- **Task requirements**: Go to the line in the entries below that holds "0x5f 0xfd 0x2a" and repeat exactly from there through the line that holds "0xd6 0x43 0x09", inclusive.

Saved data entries
========================
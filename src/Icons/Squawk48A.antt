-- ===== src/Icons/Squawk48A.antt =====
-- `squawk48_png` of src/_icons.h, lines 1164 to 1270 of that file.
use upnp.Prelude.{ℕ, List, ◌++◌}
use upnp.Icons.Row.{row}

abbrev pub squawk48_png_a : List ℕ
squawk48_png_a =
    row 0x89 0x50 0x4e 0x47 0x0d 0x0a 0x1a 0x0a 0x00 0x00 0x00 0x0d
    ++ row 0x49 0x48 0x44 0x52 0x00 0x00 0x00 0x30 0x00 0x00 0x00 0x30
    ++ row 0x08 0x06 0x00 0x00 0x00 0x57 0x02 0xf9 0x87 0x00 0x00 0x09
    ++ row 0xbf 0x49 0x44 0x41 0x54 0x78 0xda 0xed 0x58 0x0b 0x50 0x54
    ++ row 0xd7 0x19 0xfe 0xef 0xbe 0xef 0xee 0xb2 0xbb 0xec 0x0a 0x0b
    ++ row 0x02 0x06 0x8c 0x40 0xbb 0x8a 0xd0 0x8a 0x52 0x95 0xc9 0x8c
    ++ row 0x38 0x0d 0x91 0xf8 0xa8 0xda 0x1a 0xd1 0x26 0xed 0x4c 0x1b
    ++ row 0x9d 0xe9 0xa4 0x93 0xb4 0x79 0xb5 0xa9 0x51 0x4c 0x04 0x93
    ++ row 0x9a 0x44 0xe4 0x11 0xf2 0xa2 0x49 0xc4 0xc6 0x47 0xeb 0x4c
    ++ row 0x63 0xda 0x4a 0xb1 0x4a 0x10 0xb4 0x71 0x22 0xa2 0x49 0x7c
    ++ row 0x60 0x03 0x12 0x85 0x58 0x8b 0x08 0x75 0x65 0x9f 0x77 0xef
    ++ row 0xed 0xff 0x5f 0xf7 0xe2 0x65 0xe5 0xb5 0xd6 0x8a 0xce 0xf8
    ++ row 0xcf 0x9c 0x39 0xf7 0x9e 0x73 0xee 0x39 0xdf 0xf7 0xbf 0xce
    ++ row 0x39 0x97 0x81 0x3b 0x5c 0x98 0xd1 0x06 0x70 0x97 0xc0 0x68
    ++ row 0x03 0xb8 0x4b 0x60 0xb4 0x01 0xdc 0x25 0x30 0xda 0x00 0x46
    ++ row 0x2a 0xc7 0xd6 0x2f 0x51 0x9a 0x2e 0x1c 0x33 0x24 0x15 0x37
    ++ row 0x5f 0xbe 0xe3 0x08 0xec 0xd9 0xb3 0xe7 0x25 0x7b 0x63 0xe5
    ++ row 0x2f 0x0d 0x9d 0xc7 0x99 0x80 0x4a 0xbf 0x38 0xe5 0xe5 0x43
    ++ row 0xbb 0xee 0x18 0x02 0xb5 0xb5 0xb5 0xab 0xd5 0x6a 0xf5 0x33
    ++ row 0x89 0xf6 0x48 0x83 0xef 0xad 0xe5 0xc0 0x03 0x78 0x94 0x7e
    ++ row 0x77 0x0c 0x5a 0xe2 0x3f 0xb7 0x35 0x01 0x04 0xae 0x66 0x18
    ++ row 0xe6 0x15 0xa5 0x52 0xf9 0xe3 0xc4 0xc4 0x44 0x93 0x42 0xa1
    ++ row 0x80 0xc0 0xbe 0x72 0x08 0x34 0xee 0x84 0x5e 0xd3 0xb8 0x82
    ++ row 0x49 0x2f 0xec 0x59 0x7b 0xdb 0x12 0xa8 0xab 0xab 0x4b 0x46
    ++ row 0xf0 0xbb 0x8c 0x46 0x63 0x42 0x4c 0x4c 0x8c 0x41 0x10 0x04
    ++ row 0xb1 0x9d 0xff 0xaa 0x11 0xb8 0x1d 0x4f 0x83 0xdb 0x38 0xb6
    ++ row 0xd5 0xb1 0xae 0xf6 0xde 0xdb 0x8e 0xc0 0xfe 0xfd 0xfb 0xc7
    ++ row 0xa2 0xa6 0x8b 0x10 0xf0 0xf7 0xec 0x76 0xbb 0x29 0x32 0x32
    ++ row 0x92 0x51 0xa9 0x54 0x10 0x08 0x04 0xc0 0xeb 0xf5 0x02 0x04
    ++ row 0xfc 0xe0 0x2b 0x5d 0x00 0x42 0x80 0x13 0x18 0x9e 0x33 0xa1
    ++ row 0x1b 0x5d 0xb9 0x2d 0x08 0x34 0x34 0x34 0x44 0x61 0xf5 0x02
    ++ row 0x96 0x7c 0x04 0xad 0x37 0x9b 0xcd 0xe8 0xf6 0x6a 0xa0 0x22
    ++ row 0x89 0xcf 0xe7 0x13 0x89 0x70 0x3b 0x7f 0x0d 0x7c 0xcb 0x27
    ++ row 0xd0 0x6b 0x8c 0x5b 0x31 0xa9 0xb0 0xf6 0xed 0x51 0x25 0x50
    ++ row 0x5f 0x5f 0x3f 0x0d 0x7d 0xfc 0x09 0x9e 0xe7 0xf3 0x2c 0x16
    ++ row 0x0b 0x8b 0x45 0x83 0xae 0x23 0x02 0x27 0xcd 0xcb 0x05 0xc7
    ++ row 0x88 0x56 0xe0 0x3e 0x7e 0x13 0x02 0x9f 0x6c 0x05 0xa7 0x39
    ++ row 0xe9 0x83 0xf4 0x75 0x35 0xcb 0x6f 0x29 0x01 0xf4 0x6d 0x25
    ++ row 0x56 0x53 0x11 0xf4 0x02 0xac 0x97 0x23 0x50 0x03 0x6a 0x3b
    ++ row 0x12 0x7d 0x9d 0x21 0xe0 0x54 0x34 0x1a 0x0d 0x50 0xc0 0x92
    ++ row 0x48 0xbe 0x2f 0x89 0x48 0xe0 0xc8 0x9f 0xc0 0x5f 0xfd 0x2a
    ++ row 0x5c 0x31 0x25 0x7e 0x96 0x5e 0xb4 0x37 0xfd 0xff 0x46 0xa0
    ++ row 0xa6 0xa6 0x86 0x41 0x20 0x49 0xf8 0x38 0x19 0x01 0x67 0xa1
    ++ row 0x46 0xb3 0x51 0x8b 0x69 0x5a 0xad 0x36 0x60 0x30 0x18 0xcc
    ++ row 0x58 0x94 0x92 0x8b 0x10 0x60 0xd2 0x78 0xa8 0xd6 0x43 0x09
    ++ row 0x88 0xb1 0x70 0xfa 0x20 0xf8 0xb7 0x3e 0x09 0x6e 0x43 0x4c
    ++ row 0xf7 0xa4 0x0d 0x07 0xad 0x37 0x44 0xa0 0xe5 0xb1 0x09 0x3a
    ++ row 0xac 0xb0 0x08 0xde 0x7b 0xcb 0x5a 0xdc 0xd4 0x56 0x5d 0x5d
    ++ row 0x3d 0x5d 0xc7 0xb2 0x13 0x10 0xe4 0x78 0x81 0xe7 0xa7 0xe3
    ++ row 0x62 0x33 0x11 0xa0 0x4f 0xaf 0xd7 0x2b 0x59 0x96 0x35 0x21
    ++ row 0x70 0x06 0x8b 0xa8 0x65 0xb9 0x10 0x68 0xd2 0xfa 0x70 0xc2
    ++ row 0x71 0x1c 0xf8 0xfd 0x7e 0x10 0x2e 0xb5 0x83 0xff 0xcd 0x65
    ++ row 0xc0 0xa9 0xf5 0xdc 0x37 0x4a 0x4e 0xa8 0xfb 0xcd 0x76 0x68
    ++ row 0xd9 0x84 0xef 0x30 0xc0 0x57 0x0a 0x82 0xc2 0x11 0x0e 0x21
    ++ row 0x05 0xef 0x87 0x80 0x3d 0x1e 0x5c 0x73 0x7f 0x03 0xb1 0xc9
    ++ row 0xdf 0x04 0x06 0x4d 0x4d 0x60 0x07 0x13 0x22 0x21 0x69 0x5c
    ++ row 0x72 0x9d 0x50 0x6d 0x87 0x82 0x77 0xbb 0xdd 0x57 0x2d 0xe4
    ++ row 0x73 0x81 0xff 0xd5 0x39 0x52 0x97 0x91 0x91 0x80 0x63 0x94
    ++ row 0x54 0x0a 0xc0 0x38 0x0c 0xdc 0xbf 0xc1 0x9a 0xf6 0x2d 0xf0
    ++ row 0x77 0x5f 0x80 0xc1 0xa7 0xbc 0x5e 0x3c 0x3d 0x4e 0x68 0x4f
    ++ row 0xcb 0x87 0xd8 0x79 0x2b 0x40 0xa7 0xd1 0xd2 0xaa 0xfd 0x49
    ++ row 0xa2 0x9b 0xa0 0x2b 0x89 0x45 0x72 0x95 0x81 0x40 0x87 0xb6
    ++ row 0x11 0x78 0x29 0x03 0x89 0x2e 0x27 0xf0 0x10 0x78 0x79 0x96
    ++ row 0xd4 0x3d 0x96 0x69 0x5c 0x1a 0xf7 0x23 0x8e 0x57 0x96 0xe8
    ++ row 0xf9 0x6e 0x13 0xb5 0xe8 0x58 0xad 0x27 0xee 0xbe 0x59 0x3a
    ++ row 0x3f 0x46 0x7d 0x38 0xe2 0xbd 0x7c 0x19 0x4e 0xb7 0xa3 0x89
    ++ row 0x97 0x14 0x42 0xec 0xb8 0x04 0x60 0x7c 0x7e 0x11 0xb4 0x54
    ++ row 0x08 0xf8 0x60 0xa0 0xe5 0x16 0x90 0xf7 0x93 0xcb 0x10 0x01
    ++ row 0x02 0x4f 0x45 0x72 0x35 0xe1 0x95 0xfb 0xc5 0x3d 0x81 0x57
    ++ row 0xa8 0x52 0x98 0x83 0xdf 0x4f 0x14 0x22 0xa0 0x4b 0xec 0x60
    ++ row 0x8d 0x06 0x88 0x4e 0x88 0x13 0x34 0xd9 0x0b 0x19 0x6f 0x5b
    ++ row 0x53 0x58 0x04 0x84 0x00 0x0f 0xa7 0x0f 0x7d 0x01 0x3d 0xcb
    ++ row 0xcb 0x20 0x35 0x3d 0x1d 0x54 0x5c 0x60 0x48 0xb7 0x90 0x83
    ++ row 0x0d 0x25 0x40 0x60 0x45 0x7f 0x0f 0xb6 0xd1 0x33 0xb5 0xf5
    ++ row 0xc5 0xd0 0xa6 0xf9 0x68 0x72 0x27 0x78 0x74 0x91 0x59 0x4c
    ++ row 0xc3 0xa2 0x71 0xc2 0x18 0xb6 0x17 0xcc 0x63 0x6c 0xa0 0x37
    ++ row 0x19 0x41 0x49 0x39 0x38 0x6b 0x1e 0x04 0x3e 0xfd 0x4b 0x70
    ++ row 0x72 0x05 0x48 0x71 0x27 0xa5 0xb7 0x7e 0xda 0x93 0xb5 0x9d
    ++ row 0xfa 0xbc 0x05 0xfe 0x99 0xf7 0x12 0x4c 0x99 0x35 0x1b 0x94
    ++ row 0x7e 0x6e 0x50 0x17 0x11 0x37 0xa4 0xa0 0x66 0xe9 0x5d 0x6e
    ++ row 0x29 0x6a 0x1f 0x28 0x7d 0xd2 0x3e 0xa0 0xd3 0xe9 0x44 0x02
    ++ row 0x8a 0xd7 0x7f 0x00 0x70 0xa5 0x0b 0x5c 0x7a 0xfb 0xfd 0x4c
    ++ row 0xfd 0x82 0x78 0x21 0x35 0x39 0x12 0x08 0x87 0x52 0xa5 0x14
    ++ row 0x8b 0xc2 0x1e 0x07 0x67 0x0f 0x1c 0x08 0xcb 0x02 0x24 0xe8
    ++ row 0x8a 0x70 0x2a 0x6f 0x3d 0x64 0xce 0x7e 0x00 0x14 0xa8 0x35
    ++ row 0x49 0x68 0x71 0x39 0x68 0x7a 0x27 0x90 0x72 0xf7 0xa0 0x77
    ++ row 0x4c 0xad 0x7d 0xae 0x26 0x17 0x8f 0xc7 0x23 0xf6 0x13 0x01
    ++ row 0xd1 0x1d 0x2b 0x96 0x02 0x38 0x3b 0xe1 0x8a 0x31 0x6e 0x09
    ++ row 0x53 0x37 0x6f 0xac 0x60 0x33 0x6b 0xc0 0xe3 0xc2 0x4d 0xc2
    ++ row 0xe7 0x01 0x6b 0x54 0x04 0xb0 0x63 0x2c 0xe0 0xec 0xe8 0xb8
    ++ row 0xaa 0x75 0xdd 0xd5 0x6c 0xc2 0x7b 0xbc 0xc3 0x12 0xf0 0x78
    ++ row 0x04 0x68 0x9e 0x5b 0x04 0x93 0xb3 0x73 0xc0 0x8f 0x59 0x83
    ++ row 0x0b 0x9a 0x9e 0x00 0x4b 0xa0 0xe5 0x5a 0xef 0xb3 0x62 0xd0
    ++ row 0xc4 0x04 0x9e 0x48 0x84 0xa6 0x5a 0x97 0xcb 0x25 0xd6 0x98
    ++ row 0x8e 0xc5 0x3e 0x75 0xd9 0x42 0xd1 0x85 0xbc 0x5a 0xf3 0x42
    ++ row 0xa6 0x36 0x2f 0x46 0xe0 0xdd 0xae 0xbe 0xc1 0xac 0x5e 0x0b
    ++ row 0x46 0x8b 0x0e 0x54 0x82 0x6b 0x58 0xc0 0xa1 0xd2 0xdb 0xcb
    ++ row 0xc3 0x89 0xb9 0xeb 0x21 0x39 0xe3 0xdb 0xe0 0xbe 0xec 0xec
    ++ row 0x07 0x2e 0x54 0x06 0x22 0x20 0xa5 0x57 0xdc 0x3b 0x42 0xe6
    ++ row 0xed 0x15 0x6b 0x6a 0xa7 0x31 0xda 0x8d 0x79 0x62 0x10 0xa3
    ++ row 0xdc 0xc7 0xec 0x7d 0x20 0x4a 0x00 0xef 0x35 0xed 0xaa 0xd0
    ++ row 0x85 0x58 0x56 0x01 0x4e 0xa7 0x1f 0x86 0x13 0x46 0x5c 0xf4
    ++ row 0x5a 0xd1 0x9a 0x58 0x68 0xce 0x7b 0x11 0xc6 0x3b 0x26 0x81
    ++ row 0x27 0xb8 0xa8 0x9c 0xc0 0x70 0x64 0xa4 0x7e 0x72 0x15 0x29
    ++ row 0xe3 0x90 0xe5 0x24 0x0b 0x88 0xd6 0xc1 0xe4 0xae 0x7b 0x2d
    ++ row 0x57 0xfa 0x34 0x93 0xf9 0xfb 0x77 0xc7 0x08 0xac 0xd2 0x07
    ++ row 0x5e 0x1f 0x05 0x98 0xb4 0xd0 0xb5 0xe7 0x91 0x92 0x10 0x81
========================
- **Response**:
    ++ row 0x48 0xbe 0x2f 0x89 0x48 0xe0 0xc8 0x9f 0xc0 0x5f 0xfd 0x2a
    ++ row 0x5c 0x31 0x25 0x7e 0x96 0x5e 0xb4 0x37 0xfd 0xff 0x46 0xa0
    ++ row 0xa6 0xa6 0x86 0x41 0x20 0x49 0xf8 0x38 0x19 0x01 0x67 0xa1
    ++ row 0x46 0xb3 0x51 0x8b 0x69 0x5a 0xad 0x36 0x60 0x30 0x18 0xcc
    ++ row 0x58 0x94 0x92 0x8b 0x10 0x60 0xd2 0x78 0xa8 0xd6 0x43 0x09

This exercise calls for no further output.